The paper does mention oxytocin and it does occur to me that babies born via Cesarean/Caesarean section will completely miss this surge of the oxytocin hormone.  This oxytocin surge is suggested to be key to the GABA switch, which should occur soon after birth when GABA switches from excitatory to inhibitory.  In much autism this switch never takes place.

That would suggest that perhaps all babies born via Caesarean section should perhaps receive an artificial dose of oxytocin at birth.  This might then reduce the incidence of GABA dysfunctions in later life, which would include autism and some epilepsy.

Indeed, children born by Caesarean section (CS) are 20% more likely to develop autism.


Conclusions and Relevance  This study confirms previous findings that children born by CS are approximately 20% more likely to be diagnosed as having ASD. However, the association did not persist when using sibling controls, implying that this association is due to familial confounding by genetic and/or environmental factors.

So as not to repeat the vaccine/autism scare, the researchers do not say that Caesarean section leads to more autism, rather that the kinds of people who are born by Caesarean section already had an elevated risk of autism.  This is based on analysing sibling pairs, but I do not entirely buy into that argument.  They do not want to scare people from having a procedure that can be life-saving for mother and baby.

If you look at it rationally, you can see that the oxytocin surge at birth is there for an evolutionary reason.  It is very easy to recreate it with synthetic oxytocin.
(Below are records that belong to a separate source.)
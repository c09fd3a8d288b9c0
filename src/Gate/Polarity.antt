-- ===== src/Gate/Polarity.antt =====
-- pkg/gate/traceability_polarity.go: how a traceability dimension that is declared or not, with its
-- capability present or not, turns into a step result. `quote` stands for the format verb `%q`.
pub mod Blocking
use Prim.Native.String.{String, ◌++◌}
use backstop_core.Prelude.{
  Bool, true, false, not, ◌&&◌, ◌||◌, List, [], ◌∷◌, Option, none, some, any, ◌==◌, if◌then◌else◌,
}
use backstop_core.Text.Numbers.{concat}
use backstop_core.Gate.Violation.{Violation, new_violation, Status, StepResult, new_step_result}

-- What the classifier reads of an entry of `enforcement.toolchain`.
pub record ToolchainPass : Type 0 where
  pub gate_type : String
  pub waived : Bool

-- The toolchain of a configuration; `none` is the nil configuration.
abbrev pub Config : Type 0
Config = Option (List ToolchainPass)

-- `isKnownDimension`
unfoldable pub is_known_dimension : String → Bool
is_known_dimension d = d == "substantiveness" || d == "coverage" || d == "contracts"

pub data PolarityClass : Type 0 where
  class_none broken_declared capability_absent declared_intent_unmet : PolarityClass

pub record CapabilityState : Type 0 where
  pub present : Bool
  pub working : Bool
  pub pack_or_command : String
  pub detail : String
  pub stack : String

-- `declaredDimension`
unfoldable pub declared_dimension : Config → String → Bool
unfolding any
declared_dimension none dim = false
declared_dimension (some passes) dim = any (λ tp. tp.gate_type == dim) passes

abbrev pub is_unknown : ToolchainPass → Bool
is_unknown tp = not (tp.gate_type == "") && not (is_known_dimension tp.gate_type)

-- `hasUnknownGateType`
unfoldable pub has_unknown_gate_type : Config → Bool
unfolding any is_known_dimension
has_unknown_gate_type none = false
has_unknown_gate_type (some passes) = any is_unknown passes

-- `ClassifyDimension`
unfoldable pub classify_dimension : Config → String → CapabilityState → PolarityClass
unfolding has_unknown_gate_type declared_dimension
classify_dimension cfg dim cap =
    if has_unknown_gate_type cfg
    then broken_declared
    else if declared_dimension cfg dim
    then (if not cap.present
        then declared_intent_unmet
        else if not cap.working
        then broken_declared
        else class_none)
    else if not cap.present
    then capability_absent
    else class_none

-- `waivedDimension`
unfoldable pub waived_dimension : Config → String → Bool
unfolding any
waived_dimension none dim = false
waived_dimension (some passes) dim = any (λ tp. tp.gate_type == dim && tp.waived) passes

-- `capLabel`
unfoldable pub cap_label : CapabilityState → String
cap_label cap =
    if not (cap.pack_or_command == "") then cap.pack_or_command else "the required capability"

abbrev stack_of : CapabilityState → String
stack_of cap = if cap.stack == "" then "unspecified" else cap.stack

abbrev detail_of : CapabilityState → String
detail_of cap =
    if cap.detail == ""
    then "the declared command failed or its output was unparseable"
    else cap.detail

module _ (quote : String → String) where
  abbrev broken_message : String → CapabilityState → String
  broken_message dim cap = concat (
      "traceability dimension "
      ∷ quote dim
      ∷ " is DECLARED for the "
      ∷ stack_of cap
      ∷ " stack but its declared command "
      ∷ quote (cap_label cap)
      ∷ " is broken: "
      ∷ detail_of cap
      ∷ ". Expected the declared command/format to run and parse cleanly; got: "
      ∷ detail_of cap
      ∷ ". Fix the command or its declared format, or remove the declaration."
      ∷ [])

  abbrev unmet_message : String → CapabilityState → String
  unmet_message dim cap = concat (
      "traceability dimension "
      ∷ quote dim
      ∷ " is DECLARED for the "
      ∷ stack_of cap
      ∷ " stack but its required capability ("
      ∷ cap_label cap
      ∷ ") is missing — a broken promise. Install/declare the capability that provides "
      ∷ quote dim
      ∷ " for the "
      ∷ stack_of cap
      ∷ " stack, or fix the declaration."
      ∷ [])

  abbrev absent_message : String → CapabilityState → String
  absent_message dim cap = concat (
      "traceability dimension "
      ∷ quote dim
      ∷ " has no capability wired for the "
      ∷ stack_of cap
      ∷ " stack — adopt "
      ∷ cap_label cap
      ∷ " (e.g. a "
      ∷ stack_of cap
      ∷ " pack), then declare it via enforcement.toolchain gate_type: "
      ∷ dim
      ∷ "; or waive it (waived: true). This advisory is non-blocking (exit 0)."
      ∷ [])

  -- A step result with one finding, which names no file.
  abbrev one_finding : String → Status → Bool → String → String → String → StepResult
  one_finding step status halts rule message severity =
      record (new_step_result step status (new_violation rule "" message severity ∷ []) "") {
        config_err = halts;
      }

  -- `PolarityStepResult`
  unfoldable pub polarity_step :
      String → String → PolarityClass → Config → CapabilityState → StepResult
  unfolding waived_dimension cap_label concat
  polarity_step step dim broken_declared cfg cap =
      one_finding step Status.fail true (dim ++ "_broken_declared") (broken_message dim cap) "error"
  polarity_step step dim declared_intent_unmet cfg cap =
      one_finding step Status.fail true (dim ++ "_declared_intent_unmet") (unmet_message dim cap)
        "error"
  polarity_step step dim capability_absent cfg cap =
      if waived_dimension cfg dim
      then new_step_result step Status.pass [] (dim ++ " capability-absent advisory waived")
      else one_finding step Status.warning false (dim ++ "_capability_absent")
          (absent_message dim cap) "warning"
  polarity_step step dim class_none cfg cap = new_step_result step Status.pass [] ""
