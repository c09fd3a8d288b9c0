-- ===== src/Gate/Polarity/Blocking.antt =====
-- Which dimensions block, and that no waiver lets them pass.
use backstop_core.Prelude.{
  String, Bool, true, false, not, ◌&&◌, ◌||◌, List, [], ◌∷◌, some, any, ◌==◌, ◌≡◌, arith, In, inl,
  inr, ap, ◌∙◌,
}
use backstop_core.Gate.Violation.{Status, is_fail, StepResult}
use backstop_core.Gate.Polarity.{
  ToolchainPass, Config, CapabilityState, is_known_dimension, is_unknown, declared_dimension,
  has_unknown_gate_type, classify_dimension, polarity_step,
}

module _ (quote : String → String) (step dim : String) (cfg : Config) (cap : CapabilityState) where
  abbrev result : StepResult
  result = polarity_step quote step dim (classify_dimension cfg dim cap) cfg cap

  -- A dimension fails its step exactly when it halts the gate, which is when some entry has an
  -- unknown gate type or the dimension is declared and its capability is missing or broken; a waived
  -- entry changes neither.
  pub polarity_step-blocks :
      (result.config_err ≡ (
        has_unknown_gate_type cfg
        || (declared_dimension cfg dim && not (cap.present && cap.working))))
      × (is_fail result.status ≡ result.config_err)
  unfolding polarity_step classify_dimension
  polarity_step-blocks = (ground arith, ground arith)

any-In : {A : Type 0} (p : A → Bool) (a : A) (xs : List A) → In a xs → p a ≡ true → any p xs ≡ true
unfolding any
any-In p a [] i h = absurd i
any-In p a (x ∷ xs) (inl q) h = ground (arith, ap p q ∙ h)
any-In p a (x ∷ xs) (inr i) h = ground (arith, any-In p a xs i h)

-- A gate type that is not empty and is no known dimension, in whatever entry, fails the step of
-- each dimension and halts the gate.
pub polarity_step-unknown :
    (quote : String → String) (step dim : String) (passes : List ToolchainPass)
    (cap : CapabilityState) (tp : ToolchainPass)
    → In tp passes
    → (tp.gate_type == "") ≡ false
    → is_known_dimension tp.gate_type ≡ false
    → let r =
        polarity_step quote step dim (classify_dimension (some passes) dim cap) (some passes) cap in
      (r.status ≡ Status.fail) × (r.config_err ≡ true)
unfolding classify_dimension polarity_step has_unknown_gate_type
polarity_step-unknown quote step dim passes cap tp i named unknown =
    let found = any-In is_unknown tp passes i (ground arith) in (ground arith, ground arith)
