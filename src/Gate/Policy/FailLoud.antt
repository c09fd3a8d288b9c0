-- ===== src/Gate/Policy/FailLoud.antt =====
-- Without a baseline nothing is grandfathered.
use backstop_core.Prelude.{
  String, not, List, Option, none, some, ◌≡◌, refl, arith, ap, keep, if◌then◌else◌, is_empty,
}
use mathlib.Core.Path.{fun_ext}
use backstop_core.Gate.Violation.{Violation, Status, StepResult}
use backstop_core.Gate.Scope.{GateScope}
use backstop_core.Gate.Policy.{
  DimensionPolicy, Sources, policy, no_sources, source, level_of, effective_policy,
  applies_to_all_code, lookup_source, counts_under, scoped_outcome, has_sources, Outcome,
  is_blocked, is_warned, scoped_blocking, scoped_warned, new_hashes, apply_scoped_policy,
  apply_entry,
}

-- The policy with every `applies-to` set to all code, its overrides' too.
abbrev mutual
  pub strict : DimensionPolicy → DimensionPolicy
  strict (policy l a srcs) = policy l applies_to_all_code (strict_sources srcs)

  pub strict_sources : Sources → Sources
  strict_sources no_sources = no_sources
  strict_sources (source k p rest) = source k (strict p) (strict_sources rest)

level_of-strict : (p : DimensionPolicy) → level_of (strict p) ≡ level_of p
level_of-strict (policy l a srcs) = refl

has_sources-strict : (srcs : Sources) → has_sources (strict_sources srcs) ≡ has_sources srcs
has_sources-strict no_sources = refl
has_sources-strict (source k p rest) = refl

abbrev override_or : DimensionPolicy → Option DimensionPolicy → DimensionPolicy
override_or p none = p
override_or p (some o) = o

level_of-effective_policy :
    (p : DimensionPolicy) (k : String) (srcs : Sources)
    → level_of (override_or (strict p) (lookup_source k (strict_sources srcs)))
      ≡ level_of (override_or p (lookup_source k srcs))
unfolding lookup_source
level_of-effective_policy p k no_sources = level_of-strict p
level_of-effective_policy p k (source j o rest) =
    ground (arith, level_of-effective_policy p k rest, level_of-strict o)

module _ (hash_string : String → String) (scope : Option GateScope) where
  outcome-strict :
      (hashes : List String) (p : DimensionPolicy) (v : Violation)
      → scoped_outcome hash_string none scope hashes (strict p) v
        ≡ scoped_outcome hash_string none scope hashes p v
  unfolding scoped_outcome counts_under effective_policy
  outcome-strict hashes (policy l a srcs) v =
      ground (arith, level_of-effective_policy (policy l a srcs) v.source_pack srcs)

  scoped_status-strict :
      (s : StepResult) (p : DimensionPolicy)
      → (apply_scoped_policy hash_string none scope s (strict p)).status
        ≡ (apply_scoped_policy hash_string none scope s p).status
  unfolding apply_scoped_policy scoped_blocking scoped_warned
  scoped_status-strict s p =
      let new_set = new_hashes hash_string none scope s.violations in
      let same = fun_ext (outcome-strict new_set p) in
      ap
        (λ (o : Violation → Outcome).
          if not (is_empty (keep (λ v. is_blocked (o v)) s.violations))
          then Status.fail
          else if not (is_empty (keep (λ v. is_warned (o v)) s.violations))
          then Status.warning
          else Status.pass)
        same

  -- Without a baseline a policy reaches the verdict that it reaches when each of its entries, the
  -- overrides of its sources too, counts all code: a missing baseline grandfathers nothing.
  pub apply_entry-no_baseline :
      (p : DimensionPolicy) (s : StepResult)
      → (apply_entry hash_string none scope p s).status
        ≡ (apply_entry hash_string none scope (strict p) s).status
  unfolding apply_entry
  apply_entry-no_baseline (policy l a srcs) s =
      ground (arith, scoped_status-strict s (policy l a srcs), has_sources-strict srcs)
Another interesting point is in the conflict of interest statement:-


Laura Cancedda is on the Provisional Application: US 61/919,195, 2013. Modulators of Intracellular Chloride Concentration For Treating An Intellectual Disability


Regular readers will note that in this blog we have known for some time that modifying GABAA leads to improved cognitive function.  I even suggested to Ben-Ari that IQ should be measured in their autism trials for Bumetanide.  IQ is much less subjective than measures of autism.


Conclusion

My conclusion is that while genetic testing has its place, it is more productive to look at identifying and treating the downstream dysfunctions that are shared by many individual genetic dysfunctions.

By focusing on individual genes there is a big risk of just giving up, so if you have Pitt Hopkins Syndrome, like Peter the Wild Boy, it is a single gene cause of “autism” and there is no known therapy.  Well it seems that it shares downstream consequences with many other types of autism, so it is treatable after all.

I also think more people need to consider that cognitive dysfunction (Intellectual Disability/MR) may indeed be treatable, and not just via GABA; so good luck to Laura Cancedda.